Dedicated Power Lines


Been thinking about running dedicated Romex circuits from my circuit breaker box for my rig. No . . . I decline paying for specialty wire, Romex will do. The question is how many discreet lines and the amp capability of each line. I'm still trying to figure out how to do the installation in accordance with Code, without tearing my finished basement apart. For that, I'll consult a licensed electrician.

My rig consists of the following gear: (1) self powered sub that is rated at 1500 "Class D" watts; 4500 watts on a surge; (2) ARC tube CDP; (3) ARC tube line stage; (4) ARC tube power amp rated at 120 wpc - supposedly draws 700-800 watts when driven hard; (5) ARC tube phono pre; and VPI TT. I have a large screen plasma TV and a DVD player. I think that stuff can run off the house circuits.

Right now, everything I just listed is sucking juice off the same line. I gotta believe no good is coming from that set-up. Funny story -- one day my kid was playing Rosetta. I think it's a band that plays music, or at least that what my kid says. Tons of bass. When the band kicked into "low gear," first the basement lights dimmed, then the circuit breaker tripped.

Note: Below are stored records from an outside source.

-- ===== src/Text.antt =====
-- Python's `str` as a list of code points, with `strip`, `splitlines` and the equality test that
-- the program uses. White space and line boundaries are those of `str.isspace` and
-- `str.splitlines`.
use Prim.Native.Char.{code}
use Prim.Native.String.{String}
use mathlib.Core.List.{reverse}
use mathlib.Core.Path.{ap₂}
use de_framework.Prelude.{
  Option, none, some, ℕ, Bool, true, false, ◌&&◌, ◌||◌, List, [], ◌∷◌, leb, ◌==◌, if◌then◌else◌,
  ◌≡◌, arith, refl, any, Bool-cases, inl, false≢true, sym, ◌∙◌, inr,
}

abbrev pub Text : Type 0
Text = List ℕ

abbrev pub codes : String → Text
codes String.[] = []
codes (String.◌∷◌ c s) = code c ∷ codes s

unfoldable pub is_line_break : ℕ → Bool
is_line_break c =
    (leb 10 c && leb c 13) || (leb 28 c && leb c 30) || c == 133 || c == 8232 || c == 8233

unfoldable pub is_space : ℕ → Bool
unfolding is_line_break
is_space c =
    is_line_break c
    || c == 9
    || c == 31
    || c == 32
    || c == 160
    || c == 5760
    || (leb 8192 c && leb c 8202)
    || c == 8239
    || c == 8287
    || c == 12288

unfoldable pub lstrip : Text → Text
unfolding is_space
lstrip [] = []
lstrip (c ∷ t) = let rest = lstrip t in if is_space c then rest else c ∷ t

unfoldable pub strip : Text → Text
unfolding lstrip
strip t = reverse (lstrip (reverse (lstrip t)))

-- `not t.strip()`
unfoldable pub is_blank : Text → Bool
unfolding is_space
is_blank [] = true
is_blank (c ∷ t) = is_space c && is_blank t

unfoldable pub text_eq : Text → Text → Bool
text_eq [] [] = true
text_eq [] (d ∷ u) = false
text_eq (c ∷ t) [] = false
text_eq (c ∷ t) (d ∷ u) = c == d && text_eq t u

-- The lines of a text without their ends, `line` being read in reverse. A carriage return and a
-- line feed that follow one another end one line.
unfoldable pub lines_from : Text → Text → List Text
unfolding is_line_break
lines_from [] [] = []
lines_from (d ∷ line) [] = reverse (d ∷ line) ∷ []
lines_from line (c ∷ []) = if is_line_break c then reverse line ∷ [] else reverse (c ∷ line) ∷ []
lines_from line (c ∷ (d ∷ t)) =
    let joined = lines_from [] t in
    let ended = lines_from [] (d ∷ t) in
    let longer = lines_from (c ∷ line) (d ∷ t) in
    if c == 13 && d == 10
    then reverse line ∷ joined
    else if is_line_break c
    then reverse line ∷ ended
    else longer

unfoldable pub splitlines : Text → List Text
unfolding lines_from
splitlines t = lines_from [] t

pub text_eq_refl : (a : Text) → text_eq a a ≡ true
unfolding text_eq
text_eq_refl [] = refl
text_eq_refl (x ∷ a) = ground (arith, text_eq_refl a)

pub text_eq_sound : (a b : Text) → text_eq a b ≡ true → a ≡ b
unfolding text_eq
text_eq_sound [] [] h = refl
text_eq_sound [] (y ∷ b) h = cc
text_eq_sound (x ∷ a) [] h = cc
text_eq_sound (x ∷ a) (y ∷ b) h = grind (arith, text_eq_sound a b (ground arith))

-- text.split(separator), the current part being read in reverse.
unfoldable pub split_from : ℕ → Text → Text → List Text
split_from c part [] = reverse part ∷ []
split_from c part (x ∷ t) =
    if x == c then reverse part ∷ split_from c [] t else split_from c (x ∷ part) t

abbrev pub in_texts : Text → List Text → Bool
in_texts t = any (λ u. text_eq u t)

-- Whether a list of texts has one twice.
unfoldable pub has_repeats : List Text → Bool
unfolding text_eq
has_repeats [] = false
has_repeats (t ∷ ts) = in_texts t ts || has_repeats ts

-- The rest of a text that starts with a prefix.
unfoldable pub after_prefix : Text → Text → Option Text
after_prefix [] t = some t
after_prefix (c ∷ p) [] = none
after_prefix (c ∷ p) (d ∷ t) = let rest = after_prefix p t in if c == d then rest else none

pub text_eq_apart :
    (p id q : Text) → text_eq p id ≡ false → text_eq p q ≡ true → text_eq id q ≡ false
text_eq_apart p id q h k = elim (Bool-cases (text_eq id q)) [
  | inl e ↦
      let p≡q = text_eq_sound p q k in
      let id≡q = text_eq_sound id q e in
      absurd (false≢true (sym h ∙ ap₂ text_eq p≡q id≡q ∙ text_eq_refl q))
  | inr e ↦ e
]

Oh, my house is tied into the utility lines with a 100 amp service. If I change that out, that's the next project. But not right now. Other than Rosetta, no other power delivery problems noted.

Thanks
bifwynne

Showing 5 responses by coxhaus

I came across this thread and thought I would post something a little different than what other people are doing. I decided to isolate my digital from my analog.

I have 3 30 amp 220 volt circuits feeding my stereo with 10 gage wire in my new dedicated room. The circuits are feeding 3 power isolators two 3 kilowatt isolators and one 5 kilowatt isolator. The isolators are transformer based units. The 5 kilowatt isolator has two 110 volt feeds, one for analog and one for digital. The 3 kilowatt isolators each feed 1 mono block amp. I am using hospital grade copper plugs to feed all my gear.

This seems to work well for my system. The isolators are located under my house on a concrete slab off so I don’t hear the hum. I like using 220 volt better so you don’t have to run a neutral line to the isolator. Seems like to me the neutral line is where a lot of the noise comes from.
How is this different than people who plug into multiple plugs which are in different phases of their breaker box? Most people do not know what phase every plug is in their house nor do they go to the trouble to figure it out.

The sound is great from the isolators.

I think if I understand it, if you use both phases of power at home then if you cross the hots you can produce 240volts. I would think anybody who uses 220 power conditioning is subject to this and anybody who uses multiple plugs from different phases are all in the same boat.
You are advocating only using one phase for stereo use.
I also live in an old house and upgraded my service. I had my service upgraded to a 250 amp service with new breaker box and what I think helped the most is changing to new 0/0 wire from the pole to the new breaker box. The new feed to the house is a much larger wire.
Jea48,
I finally did the test on the hots of my isolated power. Maybe I was lucky or the transformers just handle it but when I tested the 120V loads together 2 at a time they all read 0 volts.